Echoes of the Distant Past
She fell in love with echoes—but did they even exist anymore? She reminisced about the way he used to lean in when he spoke to her, as if every sentence was measured and mattered. There was a version of him who stayed up late just to talk about nothing and everything all at once. He believed closeness was something you chose every day. He knew how deeply his silences and unguarded moments affected her.
There were other versions of him, too. The hopeful one who made promises easily. The tired
one who arrived late to conversations or replied half-heartedly. The distant one who smiled
without having much to say. Each version quietly replaced the last, and she hadn’t noticed the
loss until it had settled in completely.
The present version was polite—perhaps even kind. He remembered details as they were
spoken, feelings as they unfolded. When she talked, he listened with careful posture and
thoughtful attention.
Loving him came naturally, but it became an act of remembering rather than sharing. She
carried the weight of conversations alone, waiting for replies to sentences that never came.
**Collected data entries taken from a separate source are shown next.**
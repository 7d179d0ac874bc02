-- ===== src/Protocol/Selects.antt =====
-- The class of a body follows from the message type of its header.
use nanocap.Prelude.{ℕ, ◌<◌, ◌≡◌, ◌≢◌, refl, subst, arith, Outcome, ok, pure, ◌>>=◌, Parser}
use nanocap.Stream.{KStream}
use nanocap.Stream.Reads.{bind-ok}
use nanocap.Protocol.Enums.{
  MsgType, invalid, not_a_type, keepalive, publish, confirm_req, confirm_ack, bulk_pull, bulk_push,
  frontier_req, bulk_pull_blocks, node_id_handshake, bulk_pull_account, telemetry_req,
  telemetry_ack, other_msg, msg_number,
}
use nanocap.Protocol.Header.{MessageHeader, read_message_header}
use nanocap.Protocol.Block.{IgnoreUntilEof, read_ignore_until_eof}
use nanocap.Protocol.Messages.{
  MsgKeepalive, MsgConfirmReq, MsgConfirmAck, MsgPublish, MsgNodeIdHandshake, MsgTelemetryReq,
  MsgTelemetryAck, read_msg_keepalive, read_msg_confirm_req, read_msg_confirm_ack, read_msg_publish,
  read_msg_node_id_handshake, read_msg_telemetry_req, read_msg_telemetry_ack,
}
use nanocap.Protocol.Bootstrap.{
  MsgBulkPull, MsgFrontierReq, MsgBulkPullAccount, MsgBulkPullBlocks, MsgBulkPush,
  read_msg_bulk_pull, read_msg_frontier_req, read_msg_bulk_pull_account, read_msg_bulk_pull_blocks,
  read_msg_bulk_push,
}
use nanocap.Protocol.Nano.{
  Nano, Body, read_body, read_nano, keepalive_body, confirm_ack_body, confirm_req_body,
  publish_body, node_id_handshake_body, bulk_pull_body, bulk_push_body, frontier_req_body,
  bulk_pull_account_body, telemetry_req_body, telemetry_ack_body, bulk_pull_blocks_body,
  ignored_body,
}

-- The classes to which the handler casts, by the type of the message.
pub data Selects : MsgType → Body → Type 0 where
  of_keepalive : (m : MsgKeepalive) → Selects keepalive (keepalive_body m)
  of_publish : (m : MsgPublish) → Selects publish (publish_body m)
  of_confirm_req : (m : MsgConfirmReq) → Selects confirm_req (confirm_req_body m)
  of_confirm_ack : (m : MsgConfirmAck) → Selects confirm_ack (confirm_ack_body m)
  of_bulk_pull : (m : MsgBulkPull) → Selects bulk_pull (bulk_pull_body m)
  of_bulk_push : (m : MsgBulkPush) → Selects bulk_push (bulk_push_body m)
  of_frontier_req : (m : MsgFrontierReq) → Selects frontier_req (frontier_req_body m)
  of_bulk_pull_blocks : (m : MsgBulkPullBlocks) → Selects bulk_pull_blocks (bulk_pull_blocks_body m)
  of_node_id_handshake :
      (m : MsgNodeIdHandshake) → Selects node_id_handshake (node_id_handshake_body m)
  of_bulk_pull_account :
      (m : MsgBulkPullAccount) → Selects bulk_pull_account (bulk_pull_account_body m)
  of_telemetry_req : (m : MsgTelemetryReq) → Selects telemetry_req (telemetry_req_body m)
  of_telemetry_ack : (m : MsgTelemetryAck) → Selects telemetry_ack (telemetry_ack_body m)
  of_invalid : (m : IgnoreUntilEof) → Selects invalid (ignored_body m)
  of_not_a_type : (m : IgnoreUntilEof) → Selects not_a_type (ignored_body m)
  of_other : (n : ℕ) (m : IgnoreUntilEof) → Selects (other_msg n) (ignored_body m)

ok-value {ℓ} :
    {A B : Type ℓ} {a b : A} {s t : B} → ◌≡◌ {A = Outcome (A × B)} (ok (a, s)) (ok (b, t)) → a ≡ b
ok-value h = cc

-- The bodies of the classes have types below 32.
pub Selects-count :
    (t : MsgType) (body : Body)
    → Selects t body
    → ((m : IgnoreUntilEof) → body ≢ ignored_body m)
    → msg_number t < 32
unfolding msg_number
Selects-count t body (of_keepalive m) stored = omega arith
Selects-count t body (of_publish m) stored = omega arith
Selects-count t body (of_confirm_req m) stored = omega arith
Selects-count t body (of_confirm_ack m) stored = omega arith
Selects-count t body (of_bulk_pull m) stored = omega arith
Selects-count t body (of_bulk_push m) stored = omega arith
Selects-count t body (of_frontier_req m) stored = omega arith
Selects-count t body (of_bulk_pull_blocks m) stored = omega arith
Selects-count t body (of_node_id_handshake m) stored = omega arith
Selects-count t body (of_bulk_pull_account m) stored = omega arith
Selects-count t body (of_telemetry_req m) stored = omega arith
Selects-count t body (of_telemetry_ack m) stored = omega arith
Selects-count t body (of_invalid m) stored = absurd (stored m refl)
Selects-count t body (of_not_a_type m) stored = absurd (stored m refl)
Selects-count t body (of_other n m) stored = absurd (stored m refl)

module _ (k : KStream) where
  -- A body that a class makes of its message.
  wrapped :
      {M : Type 0} (t : MsgType) (read : Parser k.Stream M) (wrap : M → Body) (s s' : k.Stream)
      (body : Body)
      → ((m : M) → Selects t (wrap m))
      → (read >>= (λ m. pure (wrap m))) s ≡ ok (body, s')
      → Selects t body
  unfolding pure
  wrapped t read wrap s s' body selects e =
      let (m, s₁, first, rest) = bind-ok read (λ n. pure (wrap n)) s s' body e in
      subst (Selects t) (ok-value rest) (selects m)

  read_body-Selects :
      (t : MsgType) (h : MessageHeader) (s s' : k.Stream) (body : Body)
      → read_body k t h s ≡ ok (body, s')
      → Selects t body
  unfolding read_body
  read_body-Selects confirm_req h s s' body e =
      wrapped confirm_req (read_msg_confirm_req k h) confirm_req_body s s' body of_confirm_req e
  read_body-Selects confirm_ack h s s' body e =
      wrapped confirm_ack (read_msg_confirm_ack k h) confirm_ack_body s s' body of_confirm_ack e
  read_body-Selects bulk_pull h s s' body e =
      wrapped bulk_pull (read_msg_bulk_pull k h) bulk_pull_body s s' body of_bulk_pull e
  read_body-Selects bulk_pull_account h s s' body e =
      wrapped bulk_pull_account (read_msg_bulk_pull_account k) bulk_pull_account_body s s' body
        of_bulk_pull_account e
  read_body-Selects keepalive h s s' body e =
      wrapped keepalive (read_msg_keepalive k) keepalive_body s s' body of_keepalive e
  read_body-Selects bulk_push h s s' body e =
      wrapped bulk_push (read_msg_bulk_push k) bulk_push_body s s' body of_bulk_push e
  read_body-Selects telemetry_ack h s s' body e =
      wrapped telemetry_ack (read_msg_telemetry_ack k) telemetry_ack_body s s' body of_telemetry_ack
        e
  read_body-Selects node_id_handshake h s s' body e =
      wrapped node_id_handshake (read_msg_node_id_handshake k h) node_id_handshake_body s s' body
        of_node_id_handshake e
  read_body-Selects frontier_req h s s' body e =
      wrapped frontier_req (read_msg_frontier_req k) frontier_req_body s s' body of_frontier_req e
  read_body-Selects bulk_pull_blocks h s s' body e =
      wrapped bulk_pull_blocks (read_msg_bulk_pull_blocks k) bulk_pull_blocks_body s s' body
        of_bulk_pull_blocks e
  read_body-Selects publish h s s' body e =
      wrapped publish (read_msg_publish k h) publish_body s s' body of_publish e
  read_body-Selects telemetry_req h s s' body e =
      wrapped telemetry_req (read_msg_telemetry_req k) telemetry_req_body s s' body of_telemetry_req
        e
  read_body-Selects invalid h s s' body e =
      wrapped invalid (read_ignore_until_eof k) ignored_body s s' body of_invalid e
  read_body-Selects not_a_type h s s' body e =
      wrapped not_a_type (read_ignore_until_eof k) ignored_body s s' body of_not_a_type e
  read_body-Selects (other_msg n) h s s' body e =
      wrapped (other_msg n) (read_ignore_until_eof k) ignored_body s s' body (of_other n) e

  -- A message that is read has the body of the class that its message type stands for, so that
  -- every cast that the handler makes by the type is to the class of the object: a body of a type
  -- with no class, or of none of the types, is ignored bytes.
  pub read_nano-Selects :
      (s s' : k.Stream) (nano : Nano)
      → read_nano k s ≡ ok (nano, s')
      → Selects nano.header.message_type nano.body
  unfolding read_nano pure
  read_nano-Selects s s' nano e =
      let (h, s₁, first, rest) = bind-ok (read_message_header k) _ s s' nano e in
      let (body, s₂, second, last) = bind-ok (read_body k h.message_type h) _ s₁ s' nano rest in
      subst (λ (n : Nano). Selects n.header.message_type n.body) (ok-value last)
        (read_body-Selects h.message_type h s₁ s₂ body second)
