-- ===== src/Handler/Tcp/Counts.antt =====
-- The counts per message type after a packet.
use nanocap.Prelude.{
  if_both, ℕ, ◌≤◌, ◌≡◌, ◌≢◌, refl, ◌∙◌, ap, arith, Bool, true, false, Bool-cases, inl, inr, Outcome,
  ok, throw, [], ◌∷◌, ◌==◌, if◌then◌else◌,
}
use nanocap.Stream.Reads.{Outcome-cases}
use nanocap.Protocol.Selects.{Selects-count, read_nano-Selects}
use nanocap.Stream.{KStream, Bytes}
use nanocap.Flow.{CircularBuffer, NanoPacket}
use nanocap.Protocol.Enums.{
  MsgType, invalid, not_a_type, keepalive, publish, confirm_req, confirm_ack, bulk_pull, bulk_push,
  frontier_req, bulk_pull_blocks, node_id_handshake, bulk_pull_account, telemetry_req,
  telemetry_ack, other_msg, msg_number,
}
use nanocap.Protocol.Header.{MessageHeader}
use nanocap.Protocol.Block.{IgnoreUntilEof}
use nanocap.Protocol.Nano.{
  read_nano, Nano, Body, keepalive_body, confirm_ack_body, confirm_req_body, publish_body,
  node_id_handshake_body, bulk_pull_body, bulk_push_body, frontier_req_body, bulk_pull_account_body,
  telemetry_req_body, telemetry_ack_body, bulk_pull_blocks_body, ignored_body,
}
use nanocap.Db.{Env, Db, count_type}
use nanocap.Db.Counts.{
  Same, put_connection-Same, put_keepalive-Counted, put_confirm_ack-Counted,
  put_confirm_req-Counted, put_publish-Counted, put_node_id_handshake-Counted,
  put_telemetry_req-Counted, put_telemetry_ack-Counted,
}
use nanocap.Db.Counts.Bootstrap.{
  put_frontier_entry-Same, put_frontier_balance_entry-Same, put_bulk_pull_entry-Same,
  put_bulk_push_entry-Same, put_bulk_pull_account_entry-Same, put_frontier_req-Counted,
  put_bulk_pull-Counted, put_bulk_push-Counted, put_bulk_pull_account-Counted,
}
use nanocap.Handler.Session.{Session}
use nanocap.Handler.Message.{
  connection_event, enter, handle_keepalive, handle_confirm_ack, handle_confirm_req, handle_publish,
  handle_node_id_handshake, handle_frontier_req, handle_telemetry_req, handle_telemetry_ack,
  handle_msg_bulk_pull, handle_msg_bulk_push, handle_msg_bulk_pull_account, handle_message,
}
use nanocap.Handler.Tcp.{PacketHandler, handle_parsed, process, handle_tcp}
use nanocap.Handler.Tcp.Writes.Account.{handle_account-Writes}
use nanocap.Handler.Tcp.Writes.{
  Growth, handle_frontier-Writes, handle_bulk_pull-Writes, handle_bulk_push-Writes,
}

-- The bodies that the handler stores.
abbrev stored : Body → Bool
stored (keepalive_body m) = true
stored (confirm_ack_body m) = true
stored (confirm_req_body m) = true
stored (publish_body m) = true
stored (node_id_handshake_body m) = true
stored (bulk_pull_body m) = true
stored (bulk_push_body m) = true
stored (frontier_req_body m) = true
stored (bulk_pull_account_body m) = true
stored (telemetry_req_body m) = true
stored (telemetry_ack_body m) = true
stored (bulk_pull_blocks_body m) = false
stored (ignored_body m) = false

-- A packet with data on a connection that waits for responses brings responses and no message.
abbrev pub brings_response : MsgType → Bytes → Bool
brings_response frontier_req (b ∷ bs) = true
brings_response bulk_pull (b ∷ bs) = true
brings_response bulk_push (b ∷ bs) = true
brings_response bulk_pull_account (b ∷ bs) = true
brings_response _ _ = false

abbrev counting : (env : Env) → Growth env
counting env = record {
  Writes = Same;
  same = λ db. refl;
  trans = λ h h'. h' ∙ h;
  put_connection_ok = put_connection-Same;
  put_frontier_entry_ok = put_frontier_entry-Same env;
  put_frontier_balance_entry_ok = put_frontier_balance_entry-Same env;
  put_bulk_pull_entry_ok = put_bulk_pull_entry-Same env;
  put_bulk_push_entry_ok = put_bulk_push_entry-Same env;
  put_bulk_pull_account_entry_ok = put_bulk_pull_account_entry-Same env;
}

-- The counts after a message is read, or is not.
abbrev pub counts_after : {S : Type 0} → Outcome (Nano × S) → (ℕ → ℕ) → ℕ → ℕ
counts_after (throw e) counts = counts
counts_after (ok (nano, ks)) counts =
    if stored nano.body then count_type nano.header.message_type counts else counts

module _ (k : KStream) (cb : CircularBuffer) (env : Env) where
  event-Same :
      (event : Bytes) (info : NanoPacket) (db : Db)
      → Same db (connection_event cb env event info db)
  unfolding connection_event
  event-Same event info db =
      if_both (λ (d : Db). Same db d) env.connection_details (put_connection-Same info event db)
        refl

  message-counts :
      (h : MessageHeader) (body : Body) (info : NanoPacket) (s : Session cb)
      → (handle_message cb env h body info s).1.count_per_type
        ≡ (if stored body then count_type h.message_type s.1.count_per_type else s.1.count_per_type)
  unfolding handle_message enter handle_keepalive handle_confirm_ack handle_confirm_req
      handle_publish handle_node_id_handshake handle_frontier_req handle_telemetry_req
      handle_telemetry_ack handle_msg_bulk_pull handle_msg_bulk_push handle_msg_bulk_pull_account
  message-counts h (keepalive_body m) info (flow, db) =
      put_keepalive-Counted env h m info _ ∙ ap (count_type h.message_type) (event-Same _ info db)
  message-counts h (confirm_ack_body m) info (flow, db) =
      put_confirm_ack-Counted env h m info _ ∙ ap (count_type h.message_type) (event-Same _ info db)
  message-counts h (confirm_req_body m) info (flow, db) =
      put_confirm_req-Counted env h m info _ ∙ ap (count_type h.message_type) (event-Same _ info db)
  message-counts h (publish_body m) info (flow, db) =
      put_publish-Counted env h m info _ ∙ ap (count_type h.message_type) (event-Same _ info db)
  message-counts h (node_id_handshake_body m) info (flow, db) =
      put_node_id_handshake-Counted env h m info _
      ∙ ap (count_type h.message_type) (event-Same _ info db)
  message-counts h (bulk_pull_body m) info (flow, db) =
      put_bulk_pull-Counted env h m info flow _
      ∙ ap (count_type h.message_type) (event-Same _ info db)
  message-counts h (bulk_push_body m) info (flow, db) =
      put_bulk_push-Counted env h m info flow _
      ∙ ap (count_type h.message_type) (event-Same _ info db)
  message-counts h (frontier_req_body m) info (flow, db) =
      put_frontier_req-Counted env h m info flow _
      ∙ ap (count_type h.message_type) (event-Same _ info db)
  message-counts h (bulk_pull_account_body m) info (flow, db) =
      put_bulk_pull_account-Counted env h m info flow _
      ∙ ap (count_type h.message_type) (event-Same _ info db)
  message-counts h (telemetry_req_body m) info (flow, db) =
      put_telemetry_req-Counted env h m info _
      ∙ ap (count_type h.message_type) (event-Same _ info db)
  message-counts h (telemetry_ack_body m) info (flow, db) =
      put_telemetry_ack-Counted env h m info _
      ∙ ap (count_type h.message_type) (event-Same _ info db)
  message-counts h (bulk_pull_blocks_body m) info (flow, db) = refl
  message-counts h (ignored_body m) info (flow, db) = refl

  parsed-counts :
      (info : NanoPacket) (s : Session cb) (r : Outcome (Nano × k.Stream))
      → (handle_parsed k cb env info s r).0.1.count_per_type ≡ counts_after r s.1.count_per_type
  unfolding handle_parsed
  parsed-counts info (flow, db) (ok (nano, ks)) = message-counts nano.header nano.body info _
  parsed-counts info (flow, db) (throw e) = refl

  process-counts :
      (fuel : ℕ) (t : MsgType) (data' : Bytes) (info : NanoPacket) (s : Session cb)
      → (process k cb env fuel t data' info s).0.1.count_per_type ≡ (
          if brings_response t data'
          then s.1.count_per_type
          else counts_after (read_nano k (k.open_stream info.payload)) s.1.count_per_type)
  unfolding process
  process-counts fuel frontier_req (b ∷ bs) info s =
      handle_frontier-Writes k cb env (counting env) info s
  process-counts fuel bulk_pull (b ∷ bs) info s =
      handle_bulk_pull-Writes k cb env (counting env) info s
  process-counts fuel bulk_push (b ∷ bs) info s =
      handle_bulk_push-Writes k cb env (counting env) info s
  process-counts fuel bulk_pull_account (b ∷ bs) info s =
      handle_account-Writes k cb env (counting env) fuel info s
  process-counts fuel frontier_req [] info s = parsed-counts info s _
  process-counts fuel bulk_pull [] info s = parsed-counts info s _
  process-counts fuel bulk_push [] info s = parsed-counts info s _
  process-counts fuel bulk_pull_account [] info s = parsed-counts info s _
  process-counts fuel invalid bs info s = parsed-counts info s _
  process-counts fuel not_a_type bs info s = parsed-counts info s _
  process-counts fuel keepalive bs info s = parsed-counts info s _
  process-counts fuel publish bs info s = parsed-counts info s _
  process-counts fuel confirm_req bs info s = parsed-counts info s _
  process-counts fuel confirm_ack bs info s = parsed-counts info s _
  process-counts fuel bulk_pull_blocks bs info s = parsed-counts info s _
  process-counts fuel node_id_handshake bs info s = parsed-counts info s _
  process-counts fuel telemetry_req bs info s = parsed-counts info s _
  process-counts fuel telemetry_ack bs info s = parsed-counts info s _
  process-counts fuel (other_msg n) bs info s = parsed-counts info s _

  -- Whatever a packet holds and whatever state its connection is in, its handling changes the counts
  -- per message type as follows: responses count nothing; data that is read as a message with a
  -- stored body counts one message of the type of its header; and other data, among it what is no
  -- message, counts nothing.
  pub handle_tcp-counts :
      (fuel : ℕ) (info : NanoPacket) (p : PacketHandler) (s : Session cb)
      → (handle_tcp k cb env fuel info (p, s)).1.1.count_per_type ≡ (
          if brings_response s.0.current_msg_type info.payload
          then s.1.count_per_type
          else counts_after (read_nano k (k.open_stream info.payload)) s.1.count_per_type)
  unfolding handle_tcp
  handle_tcp-counts fuel info p (flow, db) =
      process-counts fuel flow.current_msg_type info.payload info (flow, db)

  stored-count : (body : Body) → stored body ≡ true → (m : IgnoreUntilEof) → body ≢ ignored_body m
  stored-count (ignored_body x) h m e = absurd cc
  stored-count (keepalive_body x) h m e = cc
  stored-count (confirm_ack_body x) h m e = cc
  stored-count (confirm_req_body x) h m e = cc
  stored-count (publish_body x) h m e = cc
  stored-count (node_id_handshake_body x) h m e = cc
  stored-count (bulk_pull_body x) h m e = cc
  stored-count (bulk_push_body x) h m e = cc
  stored-count (frontier_req_body x) h m e = cc
  stored-count (bulk_pull_account_body x) h m e = cc
  stored-count (telemetry_req_body x) h m e = cc
  stored-count (telemetry_ack_body x) h m e = cc
  stored-count (bulk_pull_blocks_body x) h m e = cc

  counts_after-small :
      (bs : Bytes) (counts : ℕ → ℕ) (n : ℕ)
      → 32 ≤ n
      → counts_after (read_nano k (k.open_stream bs)) counts n ≡ counts n
  unfolding count_type
  counts_after-small bs counts n le = elim (Outcome-cases (read_nano k (k.open_stream bs))) [
    | inr (x, e) ↦ rw e refl
    | inl ((nano, ks), e) ↦ elim (Bool-cases (stored nano.body)) [
      | inr other ↦ rw (e, other) refl
      | inl is_stored ↦
          let lt =
            Selects-count nano.header.message_type nano.body
              (read_nano-Selects k (k.open_stream bs) ks nano e)
              (stored-count nano.body is_stored) in
          let apart : (n == msg_number nano.header.message_type) ≡ false = ground arith in
          rw (e, is_stored, apart) refl
    ]
  ]

  -- Whatever a packet holds and whatever state its connection is in, its handling leaves every
  -- count from 32 on as it is: no index beyond the 32 counts is written.
  pub handle_tcp-count_bounds :
      (fuel : ℕ) (info : NanoPacket) (p : PacketHandler) (s : Session cb) (n : ℕ)
      → 32 ≤ n
      → (handle_tcp k cb env fuel info (p, s)).1.1.count_per_type n ≡ s.1.count_per_type n
  handle_tcp-count_bounds fuel info p s n le =
      ap (λ (counts : ℕ → ℕ). counts n) (handle_tcp-counts fuel info p s)
      ∙ if_both (λ (counts : ℕ → ℕ). counts n ≡ s.1.count_per_type n)
          (brings_response s.0.current_msg_type info.payload) refl
          (counts_after-small info.payload s.1.count_per_type n le)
Her love reached for him in ways she couldn’t explain—for a man frozen in memory and
space.
She drifted for a long time before understanding that she wasn’t being abandoned. She was
outgrowing memories—many of them—that could no longer meet the present.
And slowly, she stopped loving him. Not suddenly. Not dramatically. Just gradually. She had
held onto him, or the idea of him, for far too long. He disappeared over time, and what she
gained was not absence, but clarity.
He no longer mattered. Not now. Not anymore.